In the first study my objectives were: to investigate the relationship between
the ECAS and the Addenbrooke’s Cognitive Examination (ACE-III); to
investigate the effects of age, education, and IQ on the ECAS, and create
appropriate cut-off scores to determine abnormality. I assessed 80 healthy
participants divided into four groups according to age and education. The
ECAS and the ACE-III had a significant correlation indicating good convergent
validity. IQ, followed by age, were the strongest predictors of the total ECAS
score. While IQ predicted 46% of the ACE-III variance, it only predicted 24%
of the ECAS variance. I created abnormality cut-off scores adjusted for age
and education. This research was published in De Icaza Valenzuela et al.
(2018).
In the second study my aim was to determine the sensitivity of the ECAS to
behavioural variant frontotemporal dementia (bvFTD) without ALS, AD,
primary progressive aphasia (PPA) without ALS, posterior cortical atrophy
(PCA) and mild cognitive impairment (MCI). I also validated the ECAS against
a comprehensive neuropsychological assessment, and compared it with the
ACE-III, for each diagnosis. We additionally performed a qualitative thematic
analysis of the ECAS behavioural interviews to determine the differences in
themes between the diagnoses of bvFTD and AD. The study included 16
people with bvFTD (without ALS), 32 with AD, 12 with MCI, 13 with PPA, 6
with PCA and 48 healthy controls. The ECAS was more sensitive than the
ACE-III to detect bvFTD, AD, MCI and PPA; with equal sensitivity to detect
PCA. The anterior functions (comprising executive, fluency and language
scores) composite score was sensitive to bvFTD; while the posterior
functions (comprising memory and visuospatial scores) composite score
was sensitive to AD. The ECAS was able to detect cognitive impairment as
determined by a comprehensive neuropsychological assessment in most of
the patients. A cut-off of 4 or more behavioural domains affected differentiated
well between bvFTD and AD, while different themes emerged between the
groups in the qualitative analysis of the behavioural interview.
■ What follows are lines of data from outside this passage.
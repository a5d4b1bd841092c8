-- ===== src/Performance/Concurrent.antt =====
-- `testReadWrite` of performance/concurrent_rw.cc: a write of one byte, 4096 times, which is read
-- back. The program runs two calls of it at the same time.
use replicated_block_store.Prelude.{
  ℕ, zero, suc, ◌≡◌, ◌≢◌, ◌≤◌, ◌+◌, ◌/◌, refl, sym, ◌∙◌, inl, inr, Option, none, some, Bytes,
  bytes_eq, bytes_eq_refl, replicate, length-replicate, if◌then◌else◌, arith,
}
use replicated_block_store.Address.{block_size, block_storage_max_size}
use replicated_block_store.Device.{Device, write_device, read_device}
use replicated_block_store.Device.Laws.{HasBlocks, read-write}
use replicated_block_store.Server.Reading.{HasNoZero, read_shown_lem}
use replicated_block_store.Server.Serving.{HasBlocks-sound}
use replicated_block_store.Client.{Report, is_ok}
use replicated_block_store.System.{Site, Cluster, Reading, client_write, client_read}
use replicated_block_store.System.Serving.{Holds, IsCalm}
use replicated_block_store.System.Session.{IsHealthy, client_write-IsHealthy, client_read-IsHealthy}

-- The line that is printed.
pub data Verdict : Type 0 where
  write_failed read_failed passed failed : Verdict

-- The client's loop ends: its fuel is enough, and `none` does not occur.
abbrev compare_reply : Bytes → Option (Report Reading) → Cluster → Verdict × Cluster
compare_reply buffer none c = (read_failed, c)
compare_reply buffer (some r) c = (
  (if is_ok r.status
      then (if bytes_eq r.state.reply buffer then passed else failed)
      else read_failed),
  r.state.cluster,
)

module _ (site : Site) (address : ℕ) where
  abbrev read_back : Bytes → Option (Report Cluster) → Cluster → Verdict × Cluster
  read_back buffer none c = (write_failed, c)
  read_back buffer (some r) c =
      if is_ok r.status
      then compare_reply buffer (client_read site address r.state) r.state
      else (write_failed, r.state)

  unfoldable pub test_read_write : ℕ → Cluster → Verdict × Cluster
  test_read_write char c =
      let buffer = replicate 4096 char in read_back buffer (client_write site address buffer c) c

HasNoZero-replicate : (n c : ℕ) → c ≢ 0 → HasNoZero (replicate n c)
HasNoZero-replicate zero c h = tt
HasNoZero-replicate (suc n) c h = (h, HasNoZero-replicate n c h)

HasBlocks-Holds :
    (v : Device) (d : _) (a : ℕ)
    → a + block_size ≤ block_storage_max_size
    → Holds v d
    → HasBlocks v a
HasBlocks-Holds v d a bound h =
    let blocks = HasBlocks-sound d a bound h.sound in
    record {
      first = let (c, e) = blocks.first in (c, sym (h.same (a / block_size) (omega arith)) ∙ e);
      second = λ u.
          let (c, e) = blocks.second u in (c, sym (h.same (a / block_size + 1) (omega arith)) ∙ e);
    }

HasBlocks-healthy :
    (site : Site) (p q : Bytes) (v : Device) (c : Cluster) (a : ℕ)
    → a + block_size ≤ block_storage_max_size
    → IsHealthy site p q v c
    → HasBlocks v a
HasBlocks-healthy site p q v c a bound h = elim h.host_p [
  | inl (_, up) ↦ HasBlocks-Holds v _ a bound (h.current.at_a up)
  | inr (_, up) ↦ HasBlocks-Holds v _ a bound (h.current.at_b up)
]

-- A call of testReadWrite between whose two requests no other request comes prints that it passed:
-- at any address, aligned or not, whose 4096 bytes are within the bounds, and with any byte but zero,
-- at a system in which the load balancer's names lead to servers that are up and hold one device,
-- and nothing is refused. Behind it the system is such a system, and the device is the one behind
-- the write.
pub test_read_write_passes :
    (site : Site) (p q : Bytes) (address char : ℕ) (v : Device) (c : Cluster)
    → IsCalm site
    → IsHealthy site p q v c
    → address + block_size ≤ block_storage_max_size
    → char ≢ 0
    → ((test_read_write site address char c).0 ≡ passed)
      × IsHealthy site p q
          (write_device address (replicate 4096 char) v)
          (test_read_write site address char c).1
unfolding test_read_write
test_read_write_passes site p q address char v c env h bound nz =
    let buffer : Bytes = replicate 4096 char in
    let n = length-replicate {A = ℕ} 4096 char in
    let (d, e, good) = client_write-IsHealthy site env p q address v c h buffer (bound, n) in
    let w = write_device address buffer v in
    let same = read-write address buffer v n (HasBlocks-healthy site p q v c address bound h) in
    let (d', e', good') = client_read-IsHealthy site env p q address w d good bound in
    let zeros : HasNoZero (read_device address w) = rw same (HasNoZero-replicate 4096 char nz) in
    rw (e, e', read_shown_lem address w zeros, same, bytes_eq_refl) (refl, good')
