-- ===== src/Performance/Rounds.antt =====
-- Workers that `async` runs beside each other, round by round, and the failures that they print.
use replicated_block_store.Prelude.{
  ℕ, suc, ◌≡◌, ◌++◌, Option, none, some, List, [], ◌∷◌, All, All-append, refl, ap, ◌∙◌, Bool, true,
  false, if◌then◌else◌,
}
use replicated_block_store.Device.{Device}
use replicated_block_store.Client.{is_ok}
use replicated_block_store.System.{Site, Cluster}
use replicated_block_store.System.Serving.{IsCalm}
use replicated_block_store.System.Session.{
  Op, put, get, Answer, FitsOne, Fits, IsHealthy, session, session_device, session_lem,
}

-- The next request is that of one of the workers.
pub data Picks (op : Op) : List (List Op) → List (List Op) → Type 0 where
  here : {ops : List Op} {others : List (List Op)} → Picks op ((op ∷ ops) ∷ others) (ops ∷ others)
  there :
      {ops : List Op} {others others' : List (List Op)}
      → Picks op others others'
      → Picks op (ops ∷ others) (ops ∷ others')

-- The requests of the workers of a round, in one of the orders that keep each worker's own.
pub data Shuffle : List (List Op) → List Op → Type 0 where
  through : {workers : List (List Op)} → All (λ ops. ops ≡ []) workers → Shuffle workers []
  request :
      {op : Op} {workers workers' : List (List Op)} {ops : List Op}
      → Picks op workers workers'
      → Shuffle workers' ops
      → Shuffle workers (op ∷ ops)

-- A round begins when all workers of the one before it have ended.
pub data Rounds : List (List (List Op)) → List Op → Type 0 where
  over : Rounds [] []
  round :
      {workers : List (List Op)} {more : List (List (List Op))} {ops ops' : List Op}
      → Shuffle workers ops
      → Rounds more ops'
      → Rounds (workers ∷ more) (ops ++ ops')

-- The lines "test failed".
abbrev pub failed_test : Option Answer → Bool
failed_test none = true
failed_test (some a) = if is_ok a.status then false else true

unfoldable pub failures : List (Option Answer) → ℕ
failures [] = 0
failures (a ∷ answers) = let rest = failures answers in if failed_test a then suc rest else rest

Fits-Picks :
    {op : Op} {workers workers' : List (List Op)}
    → Picks op workers workers'
    → All Fits workers
    → FitsOne op × All Fits workers'
Fits-Picks here ((h, hs), fits) = (h, (hs, fits))
Fits-Picks (there p) (h, fits) = let (one, fits') = Fits-Picks p fits in (one, (h, fits'))

Fits-Shuffle :
    {workers : List (List Op)} {ops : List Op} → Shuffle workers ops → All Fits workers → Fits ops
Fits-Shuffle (through _) fits = tt
Fits-Shuffle (request p more) fits =
    let (one, fits') = Fits-Picks p fits in (one, Fits-Shuffle more fits')

pub Fits-Rounds :
    {rounds : List (List (List Op))} {ops : List Op}
    → Rounds rounds ops
    → All (All Fits) rounds
    → Fits ops
Fits-Rounds over fits = tt
Fits-Rounds (round {ops = ops} {ops' = ops'} s r) (h, fits) =
    All-append FitsOne ops ops' (Fits-Shuffle s h) (Fits-Rounds r fits)

failures-session_device : (ops : List Op) (v : Device) → failures (session_device ops v).0 ≡ 0
unfolding failures
failures-session_device [] v = refl
failures-session_device (put a buffer ∷ ops) v = failures-session_device ops _
failures-session_device (get a ∷ ops) v = failures-session_device ops v

-- Requests within the bounds do not fail at a healthy system.
pub failures-session :
    (site : Site) (p q : _) (ops : List Op) (v : Device) (c : Cluster)
    → IsCalm site
    → IsHealthy site p q v c
    → Fits ops
    → failures (session site ops c).0 ≡ 0
failures-session site p q ops v c env h fits =
    ap failures (session_lem site p q ops v c env fits h).0 ∙ failures-session_device ops v
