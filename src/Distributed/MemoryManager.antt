-- ===== src/Distributed/MemoryManager.antt =====
-- `L1MemoryManager` of lmcache/v1/distributed/memory_manager.py over an allocator, and what the
-- manager of the objects relies on. An operation of the allocator that raises gives `none`.
use serverless_lmcache.Common.{ℕ, ◌-◌, ◌<◌, ◌≡◌, Option, none, some, List, [], ◌∷◌, ◌++◌, length}
use serverless_lmcache.Distributed.Error.{L1Error, success, out_of_memory}
use mathlib.Core.List.{Perm}

-- The batched operations of `MemoryAllocatorInterface`, and the sizes of its address manager.
pub record Allocator : Type 1 where
  pub Heap : Type 0
  pub MemoryObj : Type 0
  pub Layout : Type 0
  pub batched_allocate : Layout → ℕ → Heap → Option (List MemoryObj) × Heap
  pub batched_free : List MemoryObj → Heap → Option Heap
  pub get_free_size : Heap → ℕ
  pub get_heap_size : Heap → ℕ

-- What an allocator promises, said by the list of the memory objects that are handed out. Freeing
-- some of them returns; freeing none of them may raise.
pub record AllocatorLaws (a : Allocator) : Type 1 where
  pub Live : a.Heap → List a.MemoryObj → Type 0
  pub Live-perm : (h : a.Heap) {os ps : List a.MemoryObj} → Perm os ps → Live h os → Live h ps
  pub allocate-Live :
      (l : a.Layout) (n : ℕ) (h : a.Heap) {os new : List a.MemoryObj} {h' : a.Heap}
      → Live h os
      → 0 < n
      → a.batched_allocate l n h ≡ (some new, h')
      → Live h' (os ++ new) × (length new ≡ n)
  pub refuse-Live :
      (l : a.Layout) (n : ℕ) (h : a.Heap) {os : List a.MemoryObj} {h' : a.Heap}
      → Live h os
      → a.batched_allocate l n h ≡ (none, h')
      → Live h' os
  pub free-Live :
      (h : a.Heap) {os : List a.MemoryObj} (o : a.MemoryObj) (dead : List a.MemoryObj)
      → Live h (os ++ (o ∷ dead))
      → (h' : a.Heap) × (a.batched_free (o ∷ dead) h ≡ some h') × Live h' os
  pub free_nothing-Live :
      (h : a.Heap) {os : List a.MemoryObj} {h' : a.Heap}
      → Live h os
      → a.batched_free [] h ≡ some h'
      → Live h' os

module _ (a : Allocator) where
  unfoldable pub allocate : a.Layout → ℕ → a.Heap → L1Error × List a.MemoryObj × a.Heap
  allocate layout_desc count h =
      let (objects, h') = a.batched_allocate layout_desc count h in
      elim objects [ none ↦ (out_of_memory, [], h') | some objects ↦ (success, objects, h') ]

  unfoldable pub free : List a.MemoryObj → a.Heap → Option a.Heap
  free mem_objs h = a.batched_free mem_objs h

  -- The used and the total size in bytes.
  unfoldable pub get_memory_usage : a.Heap → ℕ × ℕ
  get_memory_usage h = (a.get_heap_size h - a.get_free_size h, a.get_heap_size h)
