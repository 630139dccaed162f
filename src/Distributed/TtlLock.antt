-- ===== src/Distributed/TtlLock.antt =====
-- `TTLLock` of csrc/storage_manager/ttl_lock.cpp: a counter with an expiration time. The clock
-- (`now_ms`) is an argument. `lock` and `unlock` are the rounds of the compare-and-swap loops that
-- no other thread disturbs, as for L1Manager, which makes every call under its own lock.
use serverless_lmcache.Common.{
  ℕ, zero, suc, ◌+◌, ◌-◌, ◌*◌, ◌≤◌, ◌<◌, ◌≡◌, Bool, ◌&&◌, arith, ltb, leb, ◌==◌, if◌then◌else◌,
  iterate,
}

pub record TtlLock : Type 0 where
  pub counter : ℕ
  pub expiration_ms : ℕ
  pub ttl_ms : ℕ

-- The constructor.
unfoldable pub new : ℕ → TtlLock
new ttl_sec = record { counter = 0; expiration_ms = 0; ttl_ms = ttl_sec * 1000 }

unfoldable pub lock : ℕ → TtlLock → TtlLock
lock now l =
    if leb l.expiration_ms now
    then record l { counter = 1; expiration_ms = now + l.ttl_ms }
    else record l { counter = l.counter + 1; expiration_ms = now + l.ttl_ms }

unfoldable pub unlock : TtlLock → TtlLock
unlock l = if l.counter == 0 then l else record l { counter = l.counter - 1 }

unfoldable pub is_locked : ℕ → TtlLock → Bool
is_locked now l = ltb 0 l.counter && ltb now l.expiration_ms

unfoldable pub reset : TtlLock → TtlLock
reset l = record l { counter = 0; expiration_ms = 0 }

-- The holders that the lock counts at a time: none once the time to live is over.
unfoldable pub holders : ℕ → TtlLock → ℕ
holders now l = if ltb now l.expiration_ms then l.counter else 0

pub holders-new : (now ttl : ℕ) → holders now (new ttl) ≡ 0
unfolding holders new
holders-new now ttl = ground arith

-- A lock is held exactly while it has a holder.
pub is_locked-holders : (now : ℕ) (l : TtlLock) → is_locked now l ≡ ltb 0 (holders now l)
unfolding is_locked holders
is_locked-holders now l = ground arith

-- `lock` adds one holder to those that have not timed out, and `unlock` takes one away.
pub holders-lock :
    (now : ℕ) (l : TtlLock) → 0 < l.ttl_ms → holders now (lock now l) ≡ holders now l + 1
unfolding holders lock
holders-lock now l h = ground arith

pub holders-unlock : (now : ℕ) (l : TtlLock) → holders now (unlock l) ≡ holders now l - 1
unfolding holders unlock
holders-unlock now l = ground arith

-- What `lock` took stays held until its time to live is over, whatever else is locked meanwhile.
pub is_locked-lock :
    (now later : ℕ) (l : TtlLock) → is_locked later (lock now l) ≡ ltb later (now + l.ttl_ms)
unfolding is_locked lock
is_locked-lock now later l = ground arith

-- `n` holders more, or less.
pub holders-iterate-lock :
    (now n : ℕ) (l : TtlLock)
    → 0 < l.ttl_ms
    → holders now (iterate n (lock now) l) ≡ holders now l + n
unfolding lock
holders-iterate-lock now zero l h = omega arith
holders-iterate-lock now (suc n) l h =
    ground (arith, holders-lock now l h, holders-iterate-lock now n (lock now l))

pub holders-iterate-unlock :
    (now n : ℕ) (l : TtlLock) → holders now (iterate n unlock l) ≡ holders now l - n
holders-iterate-unlock now zero l = omega arith
holders-iterate-unlock now (suc n) l =
    omega (arith, holders-unlock now l, holders-iterate-unlock now n (unlock l))

-- A lock that was just taken has the same holders until its time to live is over.
pub expiration-iterate-lock :
    (now n : ℕ) (l : TtlLock) → (iterate n (lock now) (lock now l)).expiration_ms ≡ now + l.ttl_ms
unfolding lock
expiration-iterate-lock now zero l = ground arith
expiration-iterate-lock now (suc n) l = ground (arith, expiration-iterate-lock now n (lock now l))

pub holders_later :
    (now later n : ℕ) (l : TtlLock)
    → 0 < n
    → now ≤ later
    → later < now + l.ttl_ms
    → holders later (iterate n (lock now) l) ≡ holders now l + n
unfolding holders
holders_later now later zero l h p q = elim h [ ]
holders_later now later (suc n) l h p q =
    ground (arith, expiration-iterate-lock now n l, holders-iterate-lock now (suc n) l)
Finally, for the third study my objectives were: to investigate the relationship
between the ECAS and functional severity of dementia; to validate the
behavioural interview of the ECAS with other behavioural screens used to
assess FTD; and to determine whether the ECAS scores changed over time
in bvFTD, AD, MCI, PPA, and PCA. For this purpose, I did a longitudinal study
and analysed the correlations between the ECAS with the Clinical Dementia
Rating Scale (CDR-FTLD), the Frontal Behavioural Inventory (FBI), and the
Frontotemporal Dementia Rating Scale (FRS). I assessed 56 patients on the
first assessment, 29 on the second assessment and 13 on the third
assessment. The ECAS total score had good convergent validity with the
CDR-FTLD severity classification, while the ECAS behavioural screen had
convergent validity with the FBI, FRS and CDR-FTLD. I created an impairment
cut-off score of 96 to differentiate the groups of questionable versus mild
dementia based on the CDR-FTLD. The CDR-FTLD, FIQ, FBI, and FRS
predicted 71.3% of the variance of the ECAS Total Score. The variance of the
ECAS behavioural score was predicted 74.7% by the FBI, FIQ and age. FRS
was the single variable to predict attrition by 20.4%. In our study there was no
significant difference of ECAS scores between assessments.
The ECAS proved to be a valid test to assess the cognitive and behavioural
impairments in people with early onset dementia without ALS. It was more
sensitive than the ACE-III at detecting dementia in most of the patient groups,
with the exception of the PCA group where they had equal sensitivity. The
ECAS had also equal sensitivity to detect bvFTD, PPA and PCA as an
extensive neuropsychological assessment. It could therefore be used as a first
assessment in early onset dementia clinics.